Она уютно устроилась на глыбе льда, служившей нам диваном, и я приготовился слушать.

Она была прелестна. Разумеется, с эскимосской точки зрения. Неэскимосу она, пожалуй, показалась бы несколько полной. Ей только что исполнилось двадцать лет, и она считалась едва ли не самой очаровательной девушкой своего племени. Даже сейчас, на вольном воздухе, несмотря на тяжелую и бесформенную парку с огромным капюшоном, штаны и грубые сапоги, видно было, что лицо у нее уж во всяком случае красивое; что же касается фигуры, то тут приходилось верить на слово. Среди всех гостей, которых беспрерывно принимал и угощал ее радушный и щедрый отец, я не встретил ни одной девушки, которая могла бы сравниться с ней. И все же она не была избалована. Она держалась мило, непосредственно и просто и если и знала о своей красоте, то ничем этого не показывала.

Уже целую неделю она была моим повседневным товарищем, и чем больше я узнавал ее, тем больше она мне нравилась. Ее чутко и заботливо воспитали в атмосфере, непривычно утонченной для этого северного края, ибо отец ее считался самым влиятельным человеком в своем племени и достиг вершин эскимосской цивилизации. Вместе с Лаской — так ее звали — я совершал длительные поездки на собаках но бескрайним ледяным просторам и всегда находил ее общество приятным, а беседу интересной. Я отправлялся с ней на рыбную ловлю, но не в ее опасном челноке, а просто следовал за ней по льду и следил, как она поражала рыбу своим смертоносным копьем. Вместе мы охотились на тюленя; несколько раз я наблюдал, как она и вся ее семья выкачивали жир из выброшенного волнами на берег кита, а однажды даже отправился с нею на медвежью охоту, но возвратился с полдороги, ибо в глубине души я боюсь медведей.

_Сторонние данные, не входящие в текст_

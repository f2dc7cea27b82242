-- ===== src/Transform/Blocks.antt =====
-- `transformOne` and `transformAssistantBlock` of ai/apis/transform.go, and the loop of
-- `TransformMessages` that threads the map of tool-call ids through the messages.
pub mod Laws
pub mod Renamed
pub mod Handed
use Prim.Native.Char.{code}
use kern_proxy.Base.{
  ℕ, ◌≡◌, refl, Bool, true, false, not, ◌&&◌, ◌||◌, Option, none, some, List, [], ◌∷◌, ◌++◌, String,
  ◌=ₛ◌, ◌==◌, leb, arith, if◌then◌else◌, items,
}
use kern_proxy.Messages.{
  Slice, TextContent, ThinkingContent, ToolCall, AssistantPart, AssistantMessage, UserMessage,
  ToolResultMessage, Message, Model,
}

-- `unicode.IsSpace`: the code points that `strings.TrimSpace` removes.
is_space : ℕ → Bool
is_space c =
    (leb 9 c && leb c 13)
    || c == 32
    || c == 0x85
    || c == 0xa0
    || c == 0x1680
    || (leb 0x2000 c && leb c 0x200a)
    || c == 0x2028
    || c == 0x2029
    || c == 0x202f
    || c == 0x205f
    || c == 0x3000

-- `strings.TrimSpace(s) == ""`
unfoldable pub is_blank : String → Bool
unfolding is_space
is_blank String.[] = true
is_blank (String.◌∷◌ c s) = is_space (code c) && is_blank s

-- `map[string]string`: a write stands in front of the older ones.
abbrev pub IdMap : Type 0
IdMap = List (String × String)

unfoldable pub lookup_id : String → IdMap → Option String
lookup_id k [] = none
lookup_id k ((j, v) ∷ m) = if j =ₛ k then some v else lookup_id k m

abbrev pub Normalizer : Type 0
Normalizer = String → Model → AssistantMessage → String

-- The `ThinkingContent` branch of `transformAssistantBlock`.
pub transform_thinking : ThinkingContent → Bool → List AssistantPart
transform_thinking b same =
    if b.redacted
    then if same then AssistantPart.thinking b ∷ [] else []
    else if same && not (b.thinking_signature =ₛ "")
    then AssistantPart.thinking b ∷ []
    else if is_blank b.thinking
    then []
    else if same
    then AssistantPart.thinking b ∷ []
    else AssistantPart.text (record { text = b.thinking; text_signature = "" }) ∷ []

-- The last two lines of the `ToolCall` branch, at the id that the normaliser gave.
rename_call : ToolCall → String → IdMap → AssistantPart × IdMap
rename_call call new ids =
    if new =ₛ call.id
    then (AssistantPart.tool_call call, ids)
    else (AssistantPart.tool_call (record call { id = new }), (call.id, new) ∷ ids)

-- The `ToolCall` branch.
transform_call :
    ToolCall → Model → AssistantMessage → Bool → IdMap → Option Normalizer → AssistantPart × IdMap
unfolding rename_call
transform_call b model source true ids f = (AssistantPart.tool_call b, ids)
transform_call b model source false ids none =
    (AssistantPart.tool_call (record b { thought_signature = "" }), ids)
transform_call b model source false ids (some f) =
    rename_call (record b { thought_signature = "" }) (f b.id model source) ids

unfoldable pub transform_assistant_block :
    AssistantPart
    → Model
    → AssistantMessage
    → Bool
    → IdMap
    → Option Normalizer
    → List AssistantPart × IdMap
unfolding transform_thinking transform_call is_blank
transform_assistant_block (AssistantPart.thinking b) model source same ids f =
    (transform_thinking b same, ids)
transform_assistant_block (AssistantPart.text b) model source same ids f =
    (AssistantPart.text (if same then b else record b { text_signature = "" }) ∷ [], ids)
transform_assistant_block (AssistantPart.tool_call b) model source same ids f =
    let (call, ids') = transform_call b model source same ids f in (call ∷ [], ids')

-- The loop over the content of an assistant message.
unfoldable pub transform_blocks :
    List AssistantPart
    → Model
    → AssistantMessage
    → Bool
    → IdMap
    → Option Normalizer
    → List AssistantPart × IdMap
unfolding transform_assistant_block
transform_blocks [] model source same ids f = ([], ids)
transform_blocks (b ∷ bs) model source same ids f =
    let (head, ids') = transform_assistant_block b model source same ids f in
    let (rest, ids'') = transform_blocks bs model source same ids' f in (head ++ rest, ids'')

-- `isSameModel`
unfoldable pub is_same_model : AssistantMessage → Model → Bool
is_same_model m model = m.provider =ₛ model.provider && m.api =ₛ model.api && m.model =ₛ model.id

-- The tool-result branch of `transformOne`, at the id that the map has.
pub remap_result : ToolResultMessage → Option String → ToolResultMessage
remap_result m none = m
remap_result m (some new) = if new =ₛ m.tool_call_id then m else record m { tool_call_id = new }

unfoldable pub transform_one : Message → Model → IdMap → Option Normalizer → Message × IdMap
unfolding transform_blocks is_same_model remap_result lookup_id
transform_one (Message.user m) model ids f = (Message.user m, ids)
transform_one (Message.tool_result m) model ids f =
    (Message.tool_result (remap_result m (lookup_id m.tool_call_id ids)), ids)
transform_one (Message.assistant m) model ids f =
    let (content, ids') =
      transform_blocks (items m.content) model m (is_same_model m model) ids f in
    (Message.assistant (record m { content = some content }), ids')

-- The loop of `TransformMessages`.
unfoldable pub transform_all : List Message → Model → IdMap → Option Normalizer → List Message
unfolding transform_one
transform_all [] model ids f = []
transform_all (m ∷ ms) model ids f =
    let (m', ids') = transform_one m model ids f in m' ∷ transform_all ms model ids' f
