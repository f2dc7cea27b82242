-- ===== src/Transform/Normalize.antt =====
-- `normalizeNilContent` of ai/apis/transform.go.
pub mod Laws
pub mod Turns
use kern_proxy.Base.{
  ◌≡◌, refl, Bool, true, false, ◌&&◌, Option, none, some, List, [], ◌∷◌, arith, if◌then◌else◌, All,
}
use kern_proxy.Messages.{
  Slice, UserPart, UserContent, UserMessage, AssistantMessage, ToolResultMessage, Message,
}

abbrev pub is_nil : {A : Type 0} → Option A → Bool
is_nil none = true
is_nil (some _) = false

-- A nil slice becomes an empty one.
abbrev or_empty : {A : Type 0} → Slice A → Slice A
or_empty none = some []
or_empty (some xs) = some xs

normalize_user : UserContent → UserContent
normalize_user c = if is_nil c.plain && is_nil c.blocks then record c { blocks = some [] } else c

normalize_message : Message → Message
unfolding normalize_user
normalize_message (Message.user m) = Message.user (record m { content = normalize_user m.content })
normalize_message (Message.assistant m) =
    Message.assistant (record m { content = or_empty m.content })
normalize_message (Message.tool_result m) =
    Message.tool_result (record m { content = or_empty m.content })

unfoldable pub normalize_nil_content : List Message → List Message
unfolding normalize_message
normalize_nil_content [] = []
normalize_nil_content (m ∷ ms) = normalize_message m ∷ normalize_nil_content ms
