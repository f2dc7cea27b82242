-- ===== src/Transform/Images.antt =====
-- `replaceImagesWithPlaceholder` and `downgradeUnsupportedImages` of ai/apis/transform.go.
pub mod Laws
pub mod Turns
pub mod Shown
use kern_proxy.Base.{
  ◌≡◌, refl, Bool, true, false, not, ◌&&◌, Option, none, some, List, [], ◌∷◌, ◌++◌, String, ◌=ₛ◌,
  arith, if◌then◌else◌, items, All,
}
use kern_proxy.Messages.{
  Slice, TextContent, UserPart, UserContent, UserMessage, ToolResultMessage, Message, Model,
  supports_image_input,
}

abbrev pub user_image_placeholder : String
user_image_placeholder = "(image omitted: model does not support images)"

abbrev pub tool_image_placeholder : String
tool_image_placeholder = "(tool image omitted: model does not support images)"

abbrev pub placeholder_block : String → UserPart
placeholder_block p = UserPart.text (record { text = p; text_signature = "" })

-- The loop of `replaceImagesWithPlaceholder`; the flag is `previousWasPlaceholder`.
unfoldable pub replace_images_from : String → Bool → List UserPart → List UserPart
replace_images_from p previous [] = []
replace_images_from p previous (UserPart.image i ∷ rest) =
    let others = replace_images_from p true rest in
    if not previous then placeholder_block p ∷ others else others
replace_images_from p previous (UserPart.text t ∷ rest) =
    UserPart.text t ∷ replace_images_from p (t.text =ₛ p) rest

unfoldable pub replace_images_with_placeholder : Slice UserPart → String → Slice UserPart
unfolding replace_images_from
replace_images_with_placeholder content p = some (replace_images_from p false (items content))

downgrade_user : UserContent → UserContent
unfolding replace_images_with_placeholder
downgrade_user c = elim c.plain [
  | none ↦ record c { blocks = replace_images_with_placeholder c.blocks user_image_placeholder }
  | some _ ↦ c
]

downgrade_message : Message → Message
unfolding replace_images_with_placeholder downgrade_user
downgrade_message (Message.user m) = Message.user (record m { content = downgrade_user m.content })
downgrade_message (Message.tool_result m) =
    Message.tool_result
      (record m { content = replace_images_with_placeholder m.content tool_image_placeholder })
downgrade_message (Message.assistant m) = Message.assistant m

downgrade_all : List Message → List Message
unfolding downgrade_message
downgrade_all [] = []
downgrade_all (m ∷ ms) = downgrade_message m ∷ downgrade_all ms

unfoldable pub downgrade_unsupported_images : List Message → Model → List Message
unfolding downgrade_all supports_image_input
downgrade_unsupported_images ms model = if supports_image_input model then ms else downgrade_all ms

Однако она приготовилась начать свой рассказ, и вот что я услышал.

— Наше племя, как и все другие племена, с давних пор кочевало с места на место по берегам замерзших морей, но два года назад моему отцу это надоело, и он выстроил из ледяных глыб вон тот большой дом — видите? Он семи футов высотой и в три или четыре раза длиннее любого другого дома. С тех пор мы здесь и живем. Отец очень гордится своим домом; и это понятно: ведь если вы осмотрели наш дом внимательно, вы, конечно, заметили, насколько он красивее и лучше других. А если вы еще не осмотрели его, сделайте это непременно, потому что такой роскошной обстановки вы нигде больше не увидите. Например, в том конце дома, который вы назвали «гостиной», есть помост, где располагаются гости и хозяева во время еды, такого большого помоста не увидишь ни в каком другом доме, ведь правда?

— Да, ты совершенно права, Ласка. Ваш помост самый большой. У нас в Соединенных Штатах не встретишь ничего подобного даже в самых богатых домах.

Удовольствие и гордость засветились в ее глазах от подобного признания. Я заметил это и принял к сведению.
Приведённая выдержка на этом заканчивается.